*Provided data*:
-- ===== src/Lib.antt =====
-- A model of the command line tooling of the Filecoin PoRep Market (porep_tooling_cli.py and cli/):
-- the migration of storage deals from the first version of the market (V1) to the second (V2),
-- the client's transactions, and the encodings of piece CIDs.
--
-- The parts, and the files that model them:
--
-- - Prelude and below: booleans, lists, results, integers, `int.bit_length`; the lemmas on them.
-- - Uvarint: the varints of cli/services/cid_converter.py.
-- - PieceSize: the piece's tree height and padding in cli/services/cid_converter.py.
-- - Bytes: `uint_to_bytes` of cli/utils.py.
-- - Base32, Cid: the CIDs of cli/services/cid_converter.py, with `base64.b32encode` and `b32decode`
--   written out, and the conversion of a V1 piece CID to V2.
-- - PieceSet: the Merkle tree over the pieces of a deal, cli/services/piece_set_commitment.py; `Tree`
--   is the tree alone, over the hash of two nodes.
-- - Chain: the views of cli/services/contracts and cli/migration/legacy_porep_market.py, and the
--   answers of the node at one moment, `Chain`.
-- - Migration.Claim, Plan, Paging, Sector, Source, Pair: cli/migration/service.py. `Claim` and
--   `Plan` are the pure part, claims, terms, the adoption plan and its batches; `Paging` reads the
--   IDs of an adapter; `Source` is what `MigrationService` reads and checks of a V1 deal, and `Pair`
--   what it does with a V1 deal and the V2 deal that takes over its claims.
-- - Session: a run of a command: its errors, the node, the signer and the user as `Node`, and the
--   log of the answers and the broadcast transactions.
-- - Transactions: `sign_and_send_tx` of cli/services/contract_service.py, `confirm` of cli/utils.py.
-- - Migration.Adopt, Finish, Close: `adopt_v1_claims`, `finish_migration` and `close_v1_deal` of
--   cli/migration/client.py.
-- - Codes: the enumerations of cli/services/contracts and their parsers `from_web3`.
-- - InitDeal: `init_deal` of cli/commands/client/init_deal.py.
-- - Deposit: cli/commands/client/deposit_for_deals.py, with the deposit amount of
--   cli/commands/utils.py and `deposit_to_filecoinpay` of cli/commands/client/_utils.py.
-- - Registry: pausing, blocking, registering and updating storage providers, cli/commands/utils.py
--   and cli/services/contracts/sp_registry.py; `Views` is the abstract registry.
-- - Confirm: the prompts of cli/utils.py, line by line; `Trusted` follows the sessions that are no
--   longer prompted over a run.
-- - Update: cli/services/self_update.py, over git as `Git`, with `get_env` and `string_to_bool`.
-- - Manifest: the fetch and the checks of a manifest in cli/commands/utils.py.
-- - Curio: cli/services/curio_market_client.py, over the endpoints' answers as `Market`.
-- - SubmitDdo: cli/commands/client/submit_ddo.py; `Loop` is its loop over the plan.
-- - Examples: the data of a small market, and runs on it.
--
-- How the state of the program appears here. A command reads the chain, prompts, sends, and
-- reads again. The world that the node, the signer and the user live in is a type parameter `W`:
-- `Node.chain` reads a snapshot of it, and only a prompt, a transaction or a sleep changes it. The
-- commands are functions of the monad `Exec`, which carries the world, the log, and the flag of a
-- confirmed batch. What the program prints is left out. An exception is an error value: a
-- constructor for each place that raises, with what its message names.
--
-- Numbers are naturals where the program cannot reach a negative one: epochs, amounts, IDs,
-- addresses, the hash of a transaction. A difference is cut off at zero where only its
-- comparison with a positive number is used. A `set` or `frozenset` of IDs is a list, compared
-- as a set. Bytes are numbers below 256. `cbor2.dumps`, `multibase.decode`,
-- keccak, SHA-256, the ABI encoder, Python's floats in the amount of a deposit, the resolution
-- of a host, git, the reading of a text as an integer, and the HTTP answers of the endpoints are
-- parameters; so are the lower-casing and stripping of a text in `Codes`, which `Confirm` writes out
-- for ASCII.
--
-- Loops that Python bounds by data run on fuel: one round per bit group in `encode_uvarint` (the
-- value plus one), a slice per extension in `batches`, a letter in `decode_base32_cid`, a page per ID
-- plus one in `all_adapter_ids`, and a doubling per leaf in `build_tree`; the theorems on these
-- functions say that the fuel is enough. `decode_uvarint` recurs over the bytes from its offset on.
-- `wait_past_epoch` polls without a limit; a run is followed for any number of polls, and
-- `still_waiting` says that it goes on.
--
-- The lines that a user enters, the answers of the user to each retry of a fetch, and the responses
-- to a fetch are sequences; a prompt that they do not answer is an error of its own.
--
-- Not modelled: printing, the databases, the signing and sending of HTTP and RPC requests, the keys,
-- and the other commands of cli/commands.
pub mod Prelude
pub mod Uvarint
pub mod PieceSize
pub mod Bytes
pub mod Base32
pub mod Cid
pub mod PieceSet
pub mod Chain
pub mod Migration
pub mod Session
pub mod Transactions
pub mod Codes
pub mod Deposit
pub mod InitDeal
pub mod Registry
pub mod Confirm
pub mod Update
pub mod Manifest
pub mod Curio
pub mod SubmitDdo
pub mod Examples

*What you are asked to do*: Give back, word for word, only the lines above from the line holding "-- - Examples: the" to the line holding "-- comparison with", both included.

*Answer box*:
-- - Examples: the data of a small market, and runs on it.
--
-- How the state of the program appears here. A command reads the chain, prompts, sends, and
-- reads again. The world that the node, the signer and the user live in is a type parameter `W`:
-- `Node.chain` reads a snapshot of it, and only a prompt, a transaction or a sleep changes it. The
-- commands are functions of the monad `Exec`, which carries the world, the log, and the flag of a
-- confirmed batch. What the program prints is left out. An exception is an error value: a
-- constructor for each place that raises, with what its message names.
--
-- Numbers are naturals where the program cannot reach a negative one: epochs, amounts, IDs,
-- addresses, the hash of a transaction. A difference is cut off at zero where only its
-- comparison with a positive number is used. A `set` or `frozenset` of IDs is a list, compared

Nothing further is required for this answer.